--- Work order ---
Are you able to retype all the records below exactly?
[Provided entries]
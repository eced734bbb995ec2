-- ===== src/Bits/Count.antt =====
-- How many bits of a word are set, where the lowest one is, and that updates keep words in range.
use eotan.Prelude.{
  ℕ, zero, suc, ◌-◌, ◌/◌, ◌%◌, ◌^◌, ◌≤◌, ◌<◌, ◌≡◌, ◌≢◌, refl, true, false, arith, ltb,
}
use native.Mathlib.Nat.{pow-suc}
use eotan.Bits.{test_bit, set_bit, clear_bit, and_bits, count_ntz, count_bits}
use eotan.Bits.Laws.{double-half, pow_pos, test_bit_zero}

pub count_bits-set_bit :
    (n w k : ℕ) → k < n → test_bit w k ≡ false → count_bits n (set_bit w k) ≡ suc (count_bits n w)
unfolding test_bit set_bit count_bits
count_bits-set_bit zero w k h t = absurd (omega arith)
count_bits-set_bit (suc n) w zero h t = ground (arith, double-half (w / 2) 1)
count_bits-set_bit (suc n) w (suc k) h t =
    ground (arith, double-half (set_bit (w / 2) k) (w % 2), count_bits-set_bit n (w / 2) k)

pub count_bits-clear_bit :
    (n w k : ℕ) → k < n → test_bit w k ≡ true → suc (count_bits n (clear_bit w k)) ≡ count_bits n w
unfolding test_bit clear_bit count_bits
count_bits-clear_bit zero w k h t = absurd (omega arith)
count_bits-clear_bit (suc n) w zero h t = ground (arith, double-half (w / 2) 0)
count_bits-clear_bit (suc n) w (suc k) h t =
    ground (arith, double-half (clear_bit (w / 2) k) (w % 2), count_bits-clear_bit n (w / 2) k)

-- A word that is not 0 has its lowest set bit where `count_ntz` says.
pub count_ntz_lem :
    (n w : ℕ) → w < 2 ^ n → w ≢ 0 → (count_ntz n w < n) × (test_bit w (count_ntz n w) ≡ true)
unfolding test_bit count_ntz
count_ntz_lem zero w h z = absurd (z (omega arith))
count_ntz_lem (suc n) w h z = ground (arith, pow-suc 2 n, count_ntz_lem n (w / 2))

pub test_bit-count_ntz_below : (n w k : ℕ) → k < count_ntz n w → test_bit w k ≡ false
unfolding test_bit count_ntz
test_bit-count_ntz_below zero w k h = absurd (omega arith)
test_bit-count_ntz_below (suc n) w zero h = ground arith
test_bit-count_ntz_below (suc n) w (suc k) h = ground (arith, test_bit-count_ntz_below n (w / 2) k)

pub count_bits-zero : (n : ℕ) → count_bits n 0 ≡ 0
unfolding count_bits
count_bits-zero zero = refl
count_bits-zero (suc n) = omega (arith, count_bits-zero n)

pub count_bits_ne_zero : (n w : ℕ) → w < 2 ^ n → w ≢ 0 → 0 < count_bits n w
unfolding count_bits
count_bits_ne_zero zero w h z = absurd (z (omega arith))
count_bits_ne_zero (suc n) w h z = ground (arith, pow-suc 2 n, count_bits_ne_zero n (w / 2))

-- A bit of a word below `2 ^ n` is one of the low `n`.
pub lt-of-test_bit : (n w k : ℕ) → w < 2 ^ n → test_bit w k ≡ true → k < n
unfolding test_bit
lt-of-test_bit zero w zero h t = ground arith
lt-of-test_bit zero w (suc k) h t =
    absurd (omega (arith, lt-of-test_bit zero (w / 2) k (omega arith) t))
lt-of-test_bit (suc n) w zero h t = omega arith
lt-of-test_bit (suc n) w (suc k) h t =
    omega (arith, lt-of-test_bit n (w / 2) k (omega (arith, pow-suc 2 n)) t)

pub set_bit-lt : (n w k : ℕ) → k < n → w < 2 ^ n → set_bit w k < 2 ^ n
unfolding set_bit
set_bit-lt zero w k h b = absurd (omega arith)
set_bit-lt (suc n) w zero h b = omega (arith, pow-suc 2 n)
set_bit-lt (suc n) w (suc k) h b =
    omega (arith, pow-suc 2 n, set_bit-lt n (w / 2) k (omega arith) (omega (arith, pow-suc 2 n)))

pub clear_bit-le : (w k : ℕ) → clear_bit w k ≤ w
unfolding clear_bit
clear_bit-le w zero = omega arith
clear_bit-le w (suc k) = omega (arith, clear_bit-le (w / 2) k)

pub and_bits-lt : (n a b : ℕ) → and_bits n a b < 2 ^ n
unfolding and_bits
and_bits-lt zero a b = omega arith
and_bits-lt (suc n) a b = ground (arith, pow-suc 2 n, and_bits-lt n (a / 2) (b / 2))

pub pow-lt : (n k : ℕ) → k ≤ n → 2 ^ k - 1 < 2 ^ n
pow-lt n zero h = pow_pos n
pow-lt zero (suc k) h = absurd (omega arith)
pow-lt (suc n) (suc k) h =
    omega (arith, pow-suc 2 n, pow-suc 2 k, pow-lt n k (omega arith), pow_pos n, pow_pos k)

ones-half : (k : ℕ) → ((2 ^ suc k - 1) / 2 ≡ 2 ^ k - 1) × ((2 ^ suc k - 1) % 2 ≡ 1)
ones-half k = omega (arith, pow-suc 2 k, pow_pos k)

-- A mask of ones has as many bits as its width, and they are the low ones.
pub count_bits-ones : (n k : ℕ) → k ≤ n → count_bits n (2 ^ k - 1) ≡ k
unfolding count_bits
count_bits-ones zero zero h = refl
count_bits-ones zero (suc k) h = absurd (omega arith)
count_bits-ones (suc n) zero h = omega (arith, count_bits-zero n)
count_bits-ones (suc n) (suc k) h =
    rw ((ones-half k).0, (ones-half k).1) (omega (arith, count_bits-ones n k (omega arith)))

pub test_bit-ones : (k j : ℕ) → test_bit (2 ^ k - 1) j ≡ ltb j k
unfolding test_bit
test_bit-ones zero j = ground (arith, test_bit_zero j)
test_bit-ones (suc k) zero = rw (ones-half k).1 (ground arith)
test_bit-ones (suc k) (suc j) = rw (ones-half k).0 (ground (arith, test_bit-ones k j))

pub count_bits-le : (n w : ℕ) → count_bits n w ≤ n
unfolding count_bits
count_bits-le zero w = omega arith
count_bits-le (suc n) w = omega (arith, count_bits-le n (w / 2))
[/Provided entries]
--- Problem solution ---
repository eced734bbb995ec2
-- ===== src/Bits/Count.antt =====
-- How many bits of a word are set, where the lowest one is, and that updates keep words in range.
use eotan.Prelude.{
  ℕ, zero, suc, ◌-◌, ◌/◌, ◌%◌, ◌^◌, ◌≤◌, ◌<◌, ◌≡◌, ◌≢◌, refl, true, false, arith, ltb,
}
use native.Mathlib.Nat.{pow-suc}
use eotan.Bits.{test_bit, set_bit, clear_bit, and_bits, count_ntz, count_bits}
use eotan.Bits.Laws.{double-half, pow_pos, test_bit_zero}

pub count_bits-set_bit :
    (n w k : ℕ) → k < n → test_bit w k ≡ false → count_bits n (set_bit w k) ≡ suc (count_bits n w)
unfolding test_bit set_bit count_bits
count_bits-set_bit zero w k h t = absurd (omega arith)
count_bits-set_bit (suc n) w zero h t = ground (arith, double-half (w / 2) 1)
count_bits-set_bit (suc n) w (suc k) h t =
    ground (arith, double-half (set_bit (w / 2) k) (w % 2), count_bits-set_bit n (w / 2) k)

pub count_bits-clear_bit :
    (n w k : ℕ) → k < n → test_bit w k ≡ true → suc (count_bits n (clear_bit w k)) ≡ count_bits n w
unfolding test_bit clear_bit count_bits
count_bits-clear_bit zero w k h t = absurd (omega arith)
count_bits-clear_bit (suc n) w zero h t = ground (arith, double-half (w / 2) 0)
count_bits-clear_bit (suc n) w (suc k) h t =
    ground (arith, double-half (clear_bit (w / 2) k) (w % 2), count_bits-clear_bit n (w / 2) k)

-- A word that is not 0 has its lowest set bit where `count_ntz` says.
pub count_ntz_lem :
    (n w : ℕ) → w < 2 ^ n → w ≢ 0 → (count_ntz n w < n) × (test_bit w (count_ntz n w) ≡ true)
unfolding test_bit count_ntz
count_ntz_lem zero w h z = absurd (z (omega arith))
count_ntz_lem (suc n) w h z = ground (arith, pow-suc 2 n, count_ntz_lem n (w / 2))

pub test_bit-count_ntz_below : (n w k : ℕ) → k < count_ntz n w → test_bit w k ≡ false
unfolding test_bit count_ntz
test_bit-count_ntz_below zero w k h = absurd (omega arith)
test_bit-count_ntz_below (suc n) w zero h = ground arith
test_bit-count_ntz_below (suc n) w (suc k) h = ground (arith, test_bit-count_ntz_below n (w / 2) k)

pub count_bits-zero : (n : ℕ) → count_bits n 0 ≡ 0
unfolding count_bits
count_bits-zero zero = refl
count_bits-zero (suc n) = omega (arith, count_bits-zero n)

pub count_bits_ne_zero : (n w : ℕ) → w < 2 ^ n → w ≢ 0 → 0 < count_bits n w
unfolding count_bits
count_bits_ne_zero zero w h z = absurd (z (omega arith))
count_bits_ne_zero (suc n) w h z = ground (arith, pow-suc 2 n, count_bits_ne_zero n (w / 2))

-- A bit of a word below `2 ^ n` is one of the low `n`.
pub lt-of-test_bit : (n w k : ℕ) → w < 2 ^ n → test_bit w k ≡ true → k < n
unfolding test_bit
lt-of-test_bit zero w zero h t = ground arith
lt-of-test_bit zero w (suc k) h t =
    absurd (omega (arith, lt-of-test_bit zero (w / 2) k (omega arith) t))
lt-of-test_bit (suc n) w zero h t = omega arith
lt-of-test_bit (suc n) w (suc k) h t =
    omega (arith, lt-of-test_bit n (w / 2) k (omega (arith, pow-suc 2 n)) t)

pub set_bit-lt : (n w k : ℕ) → k < n → w < 2 ^ n → set_bit w k < 2 ^ n
unfolding set_bit
set_bit-lt zero w k h b = absurd (omega arith)
set_bit-lt (suc n) w zero h b = omega (arith, pow-suc 2 n)
set_bit-lt (suc n) w (suc k) h b =
    omega (arith, pow-suc 2 n, set_bit-lt n (w / 2) k (omega arith) (omega (arith, pow-suc 2 n)))

pub clear_bit-le : (w k : ℕ) → clear_bit w k ≤ w
unfolding clear_bit
clear_bit-le w zero = omega arith
clear_bit-le w (suc k) = omega (arith, clear_bit-le (w / 2) k)

pub and_bits-lt : (n a b : ℕ) → and_bits n a b < 2 ^ n
unfolding and_bits
and_bits-lt zero a b = omega arith
and_bits-lt (suc n) a b = ground (arith, pow-suc 2 n, and_bits-lt n (a / 2) (b / 2))

pub pow-lt : (n k : ℕ) → k ≤ n → 2 ^ k - 1 < 2 ^ n
pow-lt n zero h = pow_pos n
pow-lt zero (suc k) h = absurd (omega arith)
pow-lt (suc n) (suc k) h =
    omega (arith, pow-suc 2 n, pow-suc 2 k, pow-lt n k (omega arith), pow_pos n, pow_pos k)

ones-half : (k : ℕ) → ((2 ^ suc k - 1) / 2 ≡ 2 ^ k - 1) × ((2 ^ suc k - 1) % 2 ≡ 1)
ones-half k = omega (arith, pow-suc 2 k, pow_pos k)

-- A mask of ones has as many bits as its width, and they are the low ones.
pub count_bits-ones : (n k : ℕ) → k ≤ n → count_bits n (2 ^ k - 1) ≡ k
unfolding count_bits
count_bits-ones zero zero h = refl
count_bits-ones zero (suc k) h = absurd (omega arith)
count_bits-ones (suc n) zero h = omega (arith, count_bits-zero n)
count_bits-ones (suc n) (suc k) h =
    rw ((ones-half k).0, (ones-half k).1) (omega (arith, count_bits-ones n k (omega arith)))

pub test_bit-ones : (k j : ℕ) → test_bit (2 ^ k - 1) j ≡ ltb j k
unfolding test_bit
test_bit-ones zero j = ground (arith, test_bit_zero j)
test_bit-ones (suc k) zero = rw (ones-half k).1 (ground arith)
test_bit-ones (suc k) (suc j) = rw (ones-half k).0 (ground (arith, test_bit-ones k j))

pub count_bits-le : (n w : ℕ) → count_bits n w ≤ n
unfolding count_bits
count_bits-le zero w = omega arith
count_bits-le (suc n) w = omega (arith, count_bits-le n (w / 2))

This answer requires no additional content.